# Grizzled Mantid (Gonatista grisea)



## yen_saw (Mar 1, 2007)

Traded this ooth last month, it is the signature mantis from Florida - Florida bark mantis  







About 30-40 nymphs hatched today!!  





















This is the first time i am keeping this species, lets hope some will make it to adulthood. Also appreciate if anyone here could share some info with this species.


----------



## OGIGA (Mar 1, 2007)

Wow, these are really small. Hmm, I think they should be pretty durable since the hatchrate isn't like 1,000/ooth.


----------



## yen_saw (Mar 1, 2007)

Actually i was amazed that many hatched out from this tiny ooth. The nymphs have huge eyes!


----------



## Ian (Mar 1, 2007)

Congrats Yen! Good to see this species popup in culture in slighlty larger numbers. Let us know how you get on with them.


----------



## Christian (Mar 1, 2007)

Hi.

Bark mantids are usually difficult. Try _Thermobium_ as food and avoid _Drosophila_ as much as possible. Use some thicker (arm-thick) perpendicular branches with smooth bark. That's the kind of wood barkies prefer. I suggest keeping them at ca. 30° by day and 20° by night. Despite of this: Good Luck! :? You will need it. Liturgusids are really problematic. And let us know how it worked.

Best wishes,

Christian


----------



## wuwu (Mar 1, 2007)

christian, do you know why they don't do well on fruitflies?


----------



## Christian (Mar 1, 2007)

Hi.

I'm not sure about _Gonatista_ itself, but about several other bark and desert species (_Tarachodes, Eremiaphila, Tarachodula_ etc.), which do not well when exclusively fed on _Drosophila. Drosophila_ are good as additional food, but the larvae died often when fed exclusively with them. The reasons are not clear, we suppose they contain too much water and are "over-wetting" the intestinal tract. In nature, those species feed mostly on a variety of harder food like ants and beetles and may not be adapted to a food item like _Drosophila_. This may be pure speculation, but the mentioned species did better after the diet switch. _Thermobium_ can be regarded as the best mantid food ever, at least for larvae and smaller species. Most difficult species over here were simply just bred because of _Thermobium_.

Greets,

Christian


----------



## Sheldon Johnson (Mar 1, 2007)

I had a tiny ootheca of this species about 12 months ago, 9 hatched as i was leaving for work and when i got back only 1 was left, which was annoying to say the least.

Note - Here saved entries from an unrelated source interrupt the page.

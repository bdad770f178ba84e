-- ===== src/Forms/Rounds.antt =====
-- The two forms of loop of the parser of src/github.com/latacora/formaldehyd/parse.go.
use formaldehyde.Prelude.{ℕ, zero, suc, Bool, true, false, Option, none, some}
use formaldehyde.Prelude.Partial.{done, out_of_fuel}
use formaldehyde.Prelude.Process.{◌>>=◌, ◌>>◌, return}
use formaldehyde.Forms.Tokens.{Code}
use formaldehyde.Forms.Nodes.{Lexis, Parse, next}

module _ {T : Type 0} where
  -- A loop `for p.err == nil`, whose body says whether it goes on.
  unfoldable pub while_ok : ℕ → Parse T Bool → Parse T (Unit {0})
  while_ok zero body p = out_of_fuel
  while_ok (suc fuel) body p = elim p.err [
    | some e ↦ done (tt, p)
    | none ↦
        (body >>= λ more. λ p'. elim more [ true ↦ while_ok fuel body p' | false ↦ done (tt, p') ])
          p
  ]

  abbrev pub go_on : Parse T (Unit {0}) → Parse T Bool
  go_on m = m >> return true

  abbrev pub stop : Parse T (Unit {0}) → Parse T Bool
  stop m = m >> return false

module _ {T : Type 0} (lx : Lexis T) where
  -- A loop `for t != nil && p.err == nil { …; prev = t; t = p.next() }`, whose body has the last token
  -- before and says whether it goes on.
  unfoldable pub each_token :
      ℕ → (Option T → T → Parse T Bool) → Option T → Option T → Parse T (Unit {0})
  each_token zero body prev t p = out_of_fuel
  each_token (suc fuel) body prev none p = done (tt, p)
  each_token (suc fuel) body prev (some t) p = elim p.err [
    | some e ↦ done (tt, p)
    | none ↦
        (body prev t >>= λ more. λ p'. elim more [
          | true ↦ (next lx >>= each_token fuel body (some t)) p'
          | false ↦ done (tt, p')
        ])
          p
  ]

  -- What is done with a token depends on its code.
  abbrev pub on_code : {A : Type 0} → (Code → T → Parse T A) → T → Parse T A
  on_code step t = step (lx.code t) t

Anyway, the last nymph was just incredibly strong and spent his younger days munching on dros. and grew very rapidly. He continued to go from strength to strength and would gladly each roaches, crix and anything i could throw at him; he was insane. Its a real shame that i only had the one as i would have loved to have bred it if i could have found a mate, but i ended up giving him away due to my move to university.

Anyway, I'm really glad you got such a good hatch rate and wish you the best of luck Yen. Make sure you get this lovely little species cultured ASAP please!


----------



## Jodokohajjio (Mar 1, 2007)

> Bark mantids are usually difficult. Try Thermobium as food and avoid Drosophila as much as possible.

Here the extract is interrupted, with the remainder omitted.